In order to enforce shelter in place orders without perpetuating this racist history, criminalization can only function in the background of effective economic justice measures, including a universal basic income, rent freezes, and other forms of welfare. By prioritizing economic justice and allowing criminalization to operate in the background, we can take a small step towards preventing the further expansion of prison populations, and in that way promoting a system “where the prison no longer serves as our major anchor.”
For example, Professor Roth described the difference between the opioid crisis which has mostly affected white individuals being treated as public health crisis, and the crack epidemic of the 80s which mostly affected black individuals being treated as a criminal justice issue. She described the value of viewing criminalization as a last resort means of controlling people’s behavior, especially when there is a public health crisis.
IV. Comparative Perspective
The U.S. criminal justice system is particularly ill-suited to use criminalization as a method to enforce shelter-in-place orders, for the reasons outlined above.
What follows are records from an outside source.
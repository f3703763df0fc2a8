-- ===== src/Scalar/Int.antt =====
-- src/int.rs: the `Int` wrapper and its C interface. Overflowing `+`, `-` and `*` wrap around, as in
-- a release build; division and remainder panic where the quotient does not fit, in every build.
pub mod Laws
use mux_runtime.Common.{
  ℕ, zero, suc, ◌+◌, ◌*◌, ◌/◌, ◌%◌, Bool, ◌&&◌, not, ◌==◌, if◌then◌else◌, Result, ok, err, leb,
}
use mux_runtime.Common.Int.{
  ℤ, pos, negsuc, ◌+ℤ◌, ◌-ℤ◌, ◌*ℤ◌, wrap_i64, eqb_ℤ, ltb_ℤ, leb_ℤ, fits_i64, abs_ℕ,
}

pub data IntError : Type 0 where
  division_by_zero : IntError
  modulo_by_zero : IntError
  not_a_byte : ℤ → IntError

-- a call that returns, or that panics
pub data Outcome (A : Type 0) : Type 0 where
  returns : A → Outcome A
  panics : Outcome A

abbrev pub negative : ℕ → ℤ
negative zero = pos 0
negative (suc n) = negsuc n

-- `a / b` and `a % b` on `i64` for `b != 0`: the quotient is cut towards zero, and the remainder has
-- the sign of the dividend.
unfoldable pub quot : ℤ → ℤ → ℤ
quot (pos a) (pos b) = pos (a / b)
quot (pos a) (negsuc b) = negative (a / suc b)
quot (negsuc a) (pos b) = negative (suc a / b)
quot (negsuc a) (negsuc b) = pos (suc a / suc b)

unfoldable pub rem : ℤ → ℤ → ℤ
rem (pos a) b = pos (a % abs_ℕ b)
rem (negsuc a) b = negative (suc a % abs_ℕ b)

-- The operators `/` and `%` of `i64`: both panic at a zero divisor, and where the quotient is no `i64`.
abbrev pub divides : ℤ → ℤ → Bool
divides a b = not (eqb_ℤ b (pos 0)) && fits_i64 (quot a b)

unfoldable pub div_i64 : ℤ → ℤ → Outcome ℤ
unfolding quot
div_i64 a b = if divides a b then returns (quot a b) else panics

unfoldable pub rem_i64 : ℤ → ℤ → Outcome ℤ
unfolding quot rem
rem_i64 a b = if divides a b then returns (rem a b) else panics

abbrev pub ok_result : Outcome ℤ → Outcome (Result IntError ℤ)
ok_result (returns r) = returns (ok r)
ok_result panics = panics

-- `Int::add`, `Int::sub`, `Int::mul` and their C functions
unfoldable pub int_add : ℤ → ℤ → ℤ
int_add a b = wrap_i64 (a +ℤ b)

unfoldable pub int_sub : ℤ → ℤ → ℤ
int_sub a b = wrap_i64 (a -ℤ b)

unfoldable pub int_mul : ℤ → ℤ → ℤ
int_mul a b = wrap_i64 (a *ℤ b)

-- `Int::div` and `mux_int_div`
unfoldable pub int_div : ℤ → ℤ → Outcome (Result IntError ℤ)
unfolding div_i64
int_div a b = if eqb_ℤ b (pos 0) then returns (err division_by_zero) else ok_result (div_i64 a b)

-- `Int::rem`
unfoldable pub rem_result : ℤ → ℤ → Outcome (Result IntError ℤ)
unfolding rem_i64
rem_result a b = if eqb_ℤ b (pos 0) then returns (err modulo_by_zero) else ok_result (rem_i64 a b)

abbrev or_zero : Outcome (Result IntError ℤ) → Outcome ℤ
or_zero (returns (ok r)) = returns r
or_zero (returns (err e)) = returns (pos 0)
or_zero panics = panics

-- `mux_int_rem`, which returns 0 for an error
unfoldable pub int_rem : ℤ → ℤ → Outcome ℤ
unfolding rem_result
int_rem a b = or_zero (rem_result a b)

unfoldable pub int_eq : ℤ → ℤ → Bool
int_eq a b = eqb_ℤ a b

unfoldable pub int_lt : ℤ → ℤ → Bool
int_lt a b = ltb_ℤ a b

unfoldable pub int_to_byte : ℤ → Result IntError ℤ
int_to_byte i = if leb_ℤ (pos 0) i && leb_ℤ i (pos 255) then ok i else err (not_a_byte i)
This conclusion is corroborated by comparisons of U.S. criminal legal system to other criminal legal systems.
Scholars have suggested that the continental European criminal legal system does a better job at being merciful to the convicted criminal. Though the U.S. system does a better job at protecting the innocent from conviction in the first place, they state that it would be better off emulating the “more humane approach” of the continental model, especially by “showing more concern for the guilty.” The Italian system in particular might offer more protections to defendants than the U.S. system does.
Now is not the time to question the authority of the government to take control to prevent the spread of coronavirus. But it is the time to question what methods of control the government should prioritize to do so. By prioritizing economic justice measures and leaving criminalization to operate in the background, the U.S. government can ensure the effectiveness of coronavirus shelter in place orders without perpetuating the injustices of our criminal justice system in a new context.
Many may disagree and believe that criminalization should be the primary means of enforcing shelter in place orders, particularly for deterrence purposes. However, I urge any such individuals to ask themselves: Is your goal decreasing the spread of coronavirus? If yes, do you believe that sending people to crowded prisons with minimal health standards will do so? The answer to this question is almost certainly no.